The Silver Linings Playbook
- First edition
- Author: Matthew Quick
- Language: English
- Genre: Humorous fiction
- Publisher: Farrar, Straus and Giroux
- Publication date: September 2, 2008
- Publication place: United States
- Media type: Print
- Pages: 304
- ISBN: 0-374-26426-0
- OCLC: 255680052
- Dewey Decimal: 813

= The Silver Linings Playbook =

2008 novel by Matthew Quick

The Silver Linings Playbook is a 2008 debut novel of American author Matthew Quick.

==Plot==
The book is narrated through the eyes of Pat Peoples, and occasionally Tiffany's through letters. A former history teacher who has moved back to his childhood home in Collingswood, New Jersey, after spending time in a Baltimore psychiatric hospital, Pat believes he has been away only a few months, but soon realizes it has been years, and struggles to piece together his lost memories and what has become of his wife, Nikki. He has a hypothesis that life is a film created by God and that its "silver lining" will be the end of "Apart Time" with Nikki.
Pat embarks on a plan of self-improvement in order to win Nikki back, including regular running and working out in a home gym. At a dinner with his friend Ronnie and his wife Veronica, Pat is introduced to Tiffany Webster, who has also moved back home after losing her job after her husband's death.

Pat runs with Tiffany, who started out by following him every day, and she volunteers, in a letter, to be a go-between between him and Nikki, if he will train in a dance routine with her so that she can enter a competition. He agrees, and they enter and win. After the contest, Pat suggests a meeting with Nikki at the place they got engaged, and despite a letter saying they will never meet up, he slips away from his family on Christmas Day to meet her. Nikki is not there; Tiffany is, and admits she has forged Nikki's letters and that she had been trying to help Pat move on and gain closure with his marriage because she, Tiffany, is in love with Pat. Pat is furious that the last two months of correspondence were a lie. In shock Pat runs into an unfamiliar neighborhood and is assaulted. By chance, he encounters Danny, his friend from the Baltimore mental health facility. Danny helps Pat get to a hospital and reunite with his family. Pat still does not recall how or why he was separated from his wife, and only when he watches the wedding video, which his mother had hidden, do the memories eventually return — with the realization that he and Nikki will never be reunited.
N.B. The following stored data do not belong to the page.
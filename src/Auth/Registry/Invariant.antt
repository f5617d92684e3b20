-- ===== src/Auth/Registry/Invariant.antt =====
-- The well-formedness of the challenge registry, and the writes that leave the maps alone.
use cresora.Prelude.{
  ℕ, ◌+◌, ◌≤◌, ◌<◌, ◌≡◌, refl, ap, ◌∙◌, none, some, [], ◌∷◌, arith, length, nat_eq, if◌then◌else◌,
  ◌==◌,
}
use cresora.Prelude.Maps.{Map, lookup}
use cresora.Auth.Challenge.{
  max_code_attempts, max_password_attempts, AuthTarget, target_eq, ChallengeRecord, TerminalResult,
}
use cresora.Auth.Registry.{
  Registry, store, keep_unexpired, cleanup, close_admission, clear_tombstones,
  new_challenge_registry, max_live_challenges,
}

-- A live challenge: its record knows its identity, its actor and its target name it, and no
-- terminal result has its identity.
pub record Live (g : Registry) (id p : ℕ) : Type 0 where
  pub allocated : p < g.next_address
  pub keyed : (g.heap p).request_id ≡ id
  pub actor_slot : lookup (g.heap p).target.actor g.actor_slots ≡ some id
  pub target_slot : lookup (g.heap p).target g.target_slots ≡ some id
  pub apart : lookup id g.tombstones ≡ none

-- No more attempts were made on a record than are allowed.
abbrev pub Frugal : ChallengeRecord → Type 0
Frugal r = (r.code_attempts ≤ max_code_attempts) × (r.password_attempts ≤ max_password_attempts)

-- Every challenge is live, every slot names a challenge of its own actor or target, and the
-- challenges and terminal results together respect the capacity, which is the fixed one; no record
-- has more attempts than are allowed.
pub record Inv (g : Registry) : Type 0 where
  pub live : (id p : ℕ) → lookup id g.challenges ≡ some p → Live g id p
  pub actor_live :
      (a id : ℕ)
      → lookup a g.actor_slots ≡ some id
      → (p : ℕ) × (lookup id g.challenges ≡ some p) × ((g.heap p).target.actor ≡ a)
  pub target_live :
      (t : AuthTarget) (id : ℕ)
      → lookup t g.target_slots ≡ some id
      → (p : ℕ) × (lookup id g.challenges ≡ some p) × ((g.heap p).target ≡ t)
  pub bounded : length g.challenges + length g.tombstones ≤ g.capacity
  pub sized : g.capacity ≡ max_live_challenges
  pub frugal : (p : ℕ) → Frugal (g.heap p)

-- The records keep their identities and their targets.
abbrev pub SameRecords : (ℕ → ChallengeRecord) → (ℕ → ChallengeRecord) → Type 0
SameRecords f g = (q : ℕ) → ((g q).request_id ≡ (f q).request_id) × ((g q).target ≡ (f q).target)

pub heap-Inv :
    (g : Registry) (f : ℕ → ChallengeRecord)
    → SameRecords g.heap f
    → Inv g
    → ((p : ℕ) → Frugal (f p))
    → Inv (record g { heap = f })
heap-Inv g f same v thrift = record {
  live = λ id p h.
      let l = v.live id p h in
      record {
        allocated = l.allocated;
        keyed = (same p).0 ∙ l.keyed;
        actor_slot = rw ((same p).1) l.actor_slot;
        target_slot = rw ((same p).1) l.target_slot;
        apart = l.apart;
      };
  actor_live = λ a id h.
      let (p, found, e) = v.actor_live a id h in
      (p, found, ap (λ (t : AuthTarget). t.actor) (same p).1 ∙ e);
  target_live = λ t id h. let (p, found, e) = v.target_live t id h in (p, found, (same p).1 ∙ e);
  bounded = v.bounded;
  sized = v.sized;
  frugal = thrift;
}

-- A write to one record that keeps its identity, its target and the bound on its attempts keeps the
-- registry well formed.
pub store-Inv :
    (g : Registry) (p : ℕ) (r : ChallengeRecord)
    → r.request_id ≡ (g.heap p).request_id
    → r.target ≡ (g.heap p).target
    → Inv g
    → Frugal r
    → Inv (store g p r)
unfolding store
store-Inv g p r e t v thrift = heap-Inv g _ same v fine
  where
    fine : (q : ℕ) → Frugal (if q == p then r else g.heap q)
    fine q = ground (arith, thrift, v.frugal q)

    same : SameRecords g.heap (λ q. if q == p then r else g.heap q)
    same q = ground arith

lookup-keep_unexpired :
    (now id : ℕ) (m : Map ℕ TerminalResult)
    → lookup id m ≡ none
    → lookup id (keep_unexpired now m) ≡ none
unfolding lookup keep_unexpired
lookup-keep_unexpired now id [] h = refl
lookup-keep_unexpired now id ((j, s) ∷ m) h = ground (arith, lookup-keep_unexpired now id m)

length-keep_unexpired :
    (now : ℕ) (m : Map ℕ TerminalResult) → length (keep_unexpired now m) ≤ length m
unfolding keep_unexpired
length-keep_unexpired now [] = omega arith
length-keep_unexpired now ((j, s) ∷ m) = ground (arith, length-keep_unexpired now m)

-- Fewer terminal results, the rest unchanged.
tombstones-Inv :
    (g : Registry) (m : Map ℕ TerminalResult)
    → ((id : ℕ) → lookup id g.tombstones ≡ none → lookup id m ≡ none)
    → length m ≤ length g.tombstones
    → Inv g
    → Inv (record g { tombstones = m })
tombstones-Inv g m fewer shorter v = record {
  live = λ id p h.
      let l = v.live id p h in
      record {
        allocated = l.allocated;
        keyed = l.keyed;
        actor_slot = l.actor_slot;
        target_slot = l.target_slot;
        apart = fewer id l.apart;
      };
  actor_live = v.actor_live;
  target_live = v.target_live;
  bounded = omega (arith, shorter, v.bounded);
  sized = v.sized;
  frugal = v.frugal;
}

pub cleanup-Inv : (now : ℕ) (g : Registry) → Inv g → Inv (cleanup now g)
unfolding cleanup
cleanup-Inv now g v =
    tombstones-Inv g (keep_unexpired now g.tombstones)
      (λ id. lookup-keep_unexpired now id g.tombstones) (length-keep_unexpired now g.tombstones) v

pub clear_tombstones-Inv : (g : Registry) → Inv g → Inv (clear_tombstones g)
unfolding clear_tombstones lookup
clear_tombstones-Inv g v = tombstones-Inv g [] (λ id h. refl) (omega arith) v

pub close_admission-Inv : (g : Registry) → Inv g → Inv (close_admission g)
unfolding close_admission
close_admission-Inv g v = record {
  live = λ id p h.
      let l = v.live id p h in
      record {
        allocated = l.allocated;
        keyed = l.keyed;
        actor_slot = l.actor_slot;
        target_slot = l.target_slot;
        apart = l.apart;
      };
  actor_live = v.actor_live;
  target_live = v.target_live;
  bounded = v.bounded;
  sized = v.sized;
  frugal = v.frugal;
}

pub new_challenge_registry-Inv : (ttl : ℕ) → Inv (new_challenge_registry ttl)
unfolding new_challenge_registry lookup
new_challenge_registry-Inv ttl = record {
  live = λ id p h. cc;
  actor_live = λ a id h. cc;
  target_live = λ t id h. cc;
  bounded = omega arith;
  sized = refl;
  frugal = λ p. omega arith;
}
After several weeks, Pat recovers from his injuries, and after receiving a letter, agrees to meet Tiffany. Pat explains that he asked his brother Jake to drive him to see Nikki, and observed her from afar, finally realizing she has a new family and is happy, and thus accepts it as the ending of the movie of his life. Tiffany gives Pat a cloud chart as a belated birthday present and they lie on the ground and watch the clouds together. Pat pulls Tiffany close and she tells him that she needs him. As they lie there on a frozen soccer field in the middle of a snowstorm, Pat kisses her and says, "I think I need you too."

==Film adaptation==

A film adaptation, Silver Linings Playbook, directed by David O. Russell, was released on November 16, 2012. It stars Bradley Cooper as Pat (renamed Pat Solitano), Jennifer Lawrence as Tiffany (renamed Tiffany Maxwell), and Chris Tucker as Danny. The film debuted at the 2012 Toronto International Film Festival, where it was awarded the TIFF People's Choice Award. It was nominated for eight Academy Awards including the Big Five with Lawrence winning the award for Best Actress. The screenplay made several changes to the plot, including changing Pat's ethnicity to the Italian-American Pat Solitano, giving him a working class background whose family lives in the suburb of Upper Darby Township, Pennsylvania. A character named Randy, who was not in the novel, was added. Most of the supporting characters, such as Danny, play much more significant roles than they do in the novel, and several characters' names and personalities differ from the novel. In addition, some of the key plot points have been replaced; e.g., the film has a subplot about gambling that is not in the novel, the emphasis on tailgating at Eagles games is downplayed, and several of the climactic events were adjusted. Notably, while Pat's condition is never specified in the novel, one can infer from both his narrative about his memories, and other events as they unfold, that he suffered from traumatic brain injury. While Pat in the novel could have had bipolar disorder as well, this is never specified as it is in the film.